## Problem requirements
What you return must be exactly the lines from the one containing "-- Strictly ascending: the" through the close of the listing, both included.

## Available data

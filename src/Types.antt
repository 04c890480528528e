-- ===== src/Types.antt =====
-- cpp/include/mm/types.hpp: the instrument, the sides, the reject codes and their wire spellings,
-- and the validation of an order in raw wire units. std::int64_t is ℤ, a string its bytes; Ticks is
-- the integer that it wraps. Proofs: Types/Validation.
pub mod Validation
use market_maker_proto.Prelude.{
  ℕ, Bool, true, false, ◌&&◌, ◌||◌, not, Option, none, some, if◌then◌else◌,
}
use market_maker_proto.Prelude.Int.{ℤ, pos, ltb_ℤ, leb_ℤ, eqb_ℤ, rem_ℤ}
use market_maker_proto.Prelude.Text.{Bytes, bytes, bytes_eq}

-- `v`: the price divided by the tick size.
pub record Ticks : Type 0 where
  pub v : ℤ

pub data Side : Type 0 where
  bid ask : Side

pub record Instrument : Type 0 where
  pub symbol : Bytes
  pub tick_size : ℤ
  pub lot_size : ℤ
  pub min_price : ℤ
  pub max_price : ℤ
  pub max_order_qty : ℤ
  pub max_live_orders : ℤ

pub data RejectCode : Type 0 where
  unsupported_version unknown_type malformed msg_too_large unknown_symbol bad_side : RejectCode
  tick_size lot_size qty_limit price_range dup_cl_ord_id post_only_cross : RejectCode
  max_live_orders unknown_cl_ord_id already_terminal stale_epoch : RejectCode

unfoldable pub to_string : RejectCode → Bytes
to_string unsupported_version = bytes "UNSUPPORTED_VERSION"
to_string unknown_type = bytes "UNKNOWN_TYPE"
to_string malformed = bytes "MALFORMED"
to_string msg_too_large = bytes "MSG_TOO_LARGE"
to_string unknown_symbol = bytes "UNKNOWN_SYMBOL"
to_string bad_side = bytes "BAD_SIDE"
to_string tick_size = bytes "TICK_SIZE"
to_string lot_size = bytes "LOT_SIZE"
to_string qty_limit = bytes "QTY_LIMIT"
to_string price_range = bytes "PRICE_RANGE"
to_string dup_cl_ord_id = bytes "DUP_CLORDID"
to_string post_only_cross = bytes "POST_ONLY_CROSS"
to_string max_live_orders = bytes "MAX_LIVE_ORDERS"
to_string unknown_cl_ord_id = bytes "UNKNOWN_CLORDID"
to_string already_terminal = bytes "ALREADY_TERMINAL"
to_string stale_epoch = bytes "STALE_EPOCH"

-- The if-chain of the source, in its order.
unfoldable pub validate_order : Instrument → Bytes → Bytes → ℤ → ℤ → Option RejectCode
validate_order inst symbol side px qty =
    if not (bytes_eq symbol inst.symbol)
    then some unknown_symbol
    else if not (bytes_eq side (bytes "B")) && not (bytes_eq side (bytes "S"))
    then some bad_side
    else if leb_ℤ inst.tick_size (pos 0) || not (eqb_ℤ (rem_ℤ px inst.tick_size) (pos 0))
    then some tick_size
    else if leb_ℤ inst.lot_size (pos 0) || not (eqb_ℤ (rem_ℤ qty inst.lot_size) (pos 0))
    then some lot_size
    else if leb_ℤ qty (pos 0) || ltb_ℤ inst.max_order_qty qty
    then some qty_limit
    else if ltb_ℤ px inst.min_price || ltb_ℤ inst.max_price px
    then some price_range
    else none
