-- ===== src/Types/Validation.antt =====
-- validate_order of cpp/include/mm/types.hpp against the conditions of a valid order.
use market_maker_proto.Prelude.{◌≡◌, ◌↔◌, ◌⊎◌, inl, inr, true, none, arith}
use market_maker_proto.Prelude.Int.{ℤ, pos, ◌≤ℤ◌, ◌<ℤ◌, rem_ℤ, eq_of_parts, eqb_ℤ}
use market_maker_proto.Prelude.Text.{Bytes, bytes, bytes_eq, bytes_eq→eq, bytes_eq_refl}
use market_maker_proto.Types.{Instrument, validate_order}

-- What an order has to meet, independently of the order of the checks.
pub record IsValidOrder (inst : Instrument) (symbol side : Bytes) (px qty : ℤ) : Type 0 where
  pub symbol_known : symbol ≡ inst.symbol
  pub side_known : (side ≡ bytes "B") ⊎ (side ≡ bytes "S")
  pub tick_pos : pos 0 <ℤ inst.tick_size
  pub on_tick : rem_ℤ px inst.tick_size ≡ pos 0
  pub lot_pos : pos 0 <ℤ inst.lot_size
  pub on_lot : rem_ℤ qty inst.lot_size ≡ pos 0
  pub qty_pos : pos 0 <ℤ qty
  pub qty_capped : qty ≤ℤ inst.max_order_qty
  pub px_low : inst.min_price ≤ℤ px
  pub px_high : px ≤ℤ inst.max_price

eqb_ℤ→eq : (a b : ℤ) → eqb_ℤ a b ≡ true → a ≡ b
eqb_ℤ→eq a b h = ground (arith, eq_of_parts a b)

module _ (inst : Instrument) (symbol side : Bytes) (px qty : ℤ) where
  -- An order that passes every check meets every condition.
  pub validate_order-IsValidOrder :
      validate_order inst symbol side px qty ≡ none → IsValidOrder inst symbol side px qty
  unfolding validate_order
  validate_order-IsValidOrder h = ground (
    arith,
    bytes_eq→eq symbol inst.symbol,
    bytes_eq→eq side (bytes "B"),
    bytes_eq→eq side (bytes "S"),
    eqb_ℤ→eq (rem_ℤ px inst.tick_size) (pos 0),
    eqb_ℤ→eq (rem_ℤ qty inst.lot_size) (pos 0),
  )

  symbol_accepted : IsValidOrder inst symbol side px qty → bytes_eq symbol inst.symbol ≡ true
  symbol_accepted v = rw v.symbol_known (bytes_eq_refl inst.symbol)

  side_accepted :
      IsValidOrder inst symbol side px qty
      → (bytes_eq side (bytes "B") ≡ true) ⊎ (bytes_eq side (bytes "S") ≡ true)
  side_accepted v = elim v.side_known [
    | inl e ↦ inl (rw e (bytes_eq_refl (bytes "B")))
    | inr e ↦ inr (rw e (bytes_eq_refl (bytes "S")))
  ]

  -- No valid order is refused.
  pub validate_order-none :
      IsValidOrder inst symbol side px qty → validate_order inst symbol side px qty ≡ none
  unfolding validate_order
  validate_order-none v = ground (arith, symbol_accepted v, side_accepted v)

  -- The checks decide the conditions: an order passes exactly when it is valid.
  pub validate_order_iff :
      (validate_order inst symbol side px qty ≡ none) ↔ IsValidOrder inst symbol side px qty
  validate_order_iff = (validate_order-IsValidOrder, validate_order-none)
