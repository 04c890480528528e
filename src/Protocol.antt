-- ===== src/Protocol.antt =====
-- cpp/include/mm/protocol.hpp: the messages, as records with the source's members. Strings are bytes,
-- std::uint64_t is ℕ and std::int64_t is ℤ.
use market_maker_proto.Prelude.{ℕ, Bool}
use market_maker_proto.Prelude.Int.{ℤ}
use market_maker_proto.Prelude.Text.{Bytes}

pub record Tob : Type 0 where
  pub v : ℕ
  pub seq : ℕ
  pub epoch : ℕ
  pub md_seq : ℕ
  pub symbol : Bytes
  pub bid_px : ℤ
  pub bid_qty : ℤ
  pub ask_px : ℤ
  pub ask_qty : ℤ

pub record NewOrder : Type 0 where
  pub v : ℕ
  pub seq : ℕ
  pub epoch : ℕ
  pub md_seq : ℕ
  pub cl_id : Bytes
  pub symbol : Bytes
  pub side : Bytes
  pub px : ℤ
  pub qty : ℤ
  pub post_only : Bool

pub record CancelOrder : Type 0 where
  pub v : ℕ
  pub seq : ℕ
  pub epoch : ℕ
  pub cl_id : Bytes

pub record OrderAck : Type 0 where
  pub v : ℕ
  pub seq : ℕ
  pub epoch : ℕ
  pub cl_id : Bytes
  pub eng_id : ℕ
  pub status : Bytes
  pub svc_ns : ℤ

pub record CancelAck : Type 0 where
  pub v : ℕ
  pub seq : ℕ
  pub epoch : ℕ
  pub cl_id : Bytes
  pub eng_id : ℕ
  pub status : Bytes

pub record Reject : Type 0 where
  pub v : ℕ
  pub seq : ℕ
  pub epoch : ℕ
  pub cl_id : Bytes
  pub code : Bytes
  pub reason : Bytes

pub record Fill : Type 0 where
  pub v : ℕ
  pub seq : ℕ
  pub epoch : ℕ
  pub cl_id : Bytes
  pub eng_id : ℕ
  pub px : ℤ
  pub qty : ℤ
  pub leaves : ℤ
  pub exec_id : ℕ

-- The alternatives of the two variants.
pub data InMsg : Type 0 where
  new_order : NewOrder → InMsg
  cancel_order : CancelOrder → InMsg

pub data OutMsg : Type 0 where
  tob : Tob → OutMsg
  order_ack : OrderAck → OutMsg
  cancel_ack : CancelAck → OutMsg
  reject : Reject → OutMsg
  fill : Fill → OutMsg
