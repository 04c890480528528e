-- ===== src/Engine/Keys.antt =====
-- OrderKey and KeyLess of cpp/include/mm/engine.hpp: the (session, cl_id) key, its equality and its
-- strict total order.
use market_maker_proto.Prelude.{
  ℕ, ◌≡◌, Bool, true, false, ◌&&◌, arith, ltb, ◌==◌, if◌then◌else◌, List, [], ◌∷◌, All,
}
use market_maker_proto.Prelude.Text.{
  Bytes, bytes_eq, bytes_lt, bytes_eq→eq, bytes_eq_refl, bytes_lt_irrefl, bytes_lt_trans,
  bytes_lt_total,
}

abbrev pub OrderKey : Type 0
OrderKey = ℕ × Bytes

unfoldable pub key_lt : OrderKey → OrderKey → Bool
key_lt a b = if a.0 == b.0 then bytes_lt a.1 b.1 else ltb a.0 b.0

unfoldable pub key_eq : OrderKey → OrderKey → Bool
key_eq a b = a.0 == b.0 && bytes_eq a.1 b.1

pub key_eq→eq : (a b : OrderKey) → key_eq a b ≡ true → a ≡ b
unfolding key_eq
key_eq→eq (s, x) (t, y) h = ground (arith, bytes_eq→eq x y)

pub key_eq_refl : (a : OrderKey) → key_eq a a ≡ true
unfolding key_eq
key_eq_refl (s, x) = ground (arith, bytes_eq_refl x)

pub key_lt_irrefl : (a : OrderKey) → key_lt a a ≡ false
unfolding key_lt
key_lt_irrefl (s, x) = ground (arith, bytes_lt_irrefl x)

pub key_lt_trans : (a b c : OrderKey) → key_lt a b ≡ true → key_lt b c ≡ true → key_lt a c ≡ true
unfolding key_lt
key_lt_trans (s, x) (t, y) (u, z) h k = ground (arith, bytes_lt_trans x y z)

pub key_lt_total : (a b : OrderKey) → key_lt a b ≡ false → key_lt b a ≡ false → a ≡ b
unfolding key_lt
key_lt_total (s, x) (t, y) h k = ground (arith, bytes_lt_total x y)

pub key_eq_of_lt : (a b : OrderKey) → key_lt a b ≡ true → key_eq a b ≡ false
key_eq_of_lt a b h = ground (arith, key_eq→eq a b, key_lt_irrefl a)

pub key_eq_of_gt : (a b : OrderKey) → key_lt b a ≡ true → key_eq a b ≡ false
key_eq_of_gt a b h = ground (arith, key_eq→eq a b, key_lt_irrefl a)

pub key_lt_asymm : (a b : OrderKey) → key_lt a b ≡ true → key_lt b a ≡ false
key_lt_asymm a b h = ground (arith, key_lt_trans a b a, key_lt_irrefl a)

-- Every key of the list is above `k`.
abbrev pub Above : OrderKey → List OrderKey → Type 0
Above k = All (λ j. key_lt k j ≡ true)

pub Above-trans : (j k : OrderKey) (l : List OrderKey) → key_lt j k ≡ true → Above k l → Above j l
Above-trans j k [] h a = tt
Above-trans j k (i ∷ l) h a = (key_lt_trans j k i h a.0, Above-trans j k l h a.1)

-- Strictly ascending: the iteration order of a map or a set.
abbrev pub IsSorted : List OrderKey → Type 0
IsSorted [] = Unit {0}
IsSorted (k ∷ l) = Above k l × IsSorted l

## Expected output
-- Strictly ascending: the iteration order of a map or a set.
abbrev pub IsSorted : List OrderKey → Type 0
IsSorted [] = Unit {0}
IsSorted (k ∷ l) = Above k l × IsSorted l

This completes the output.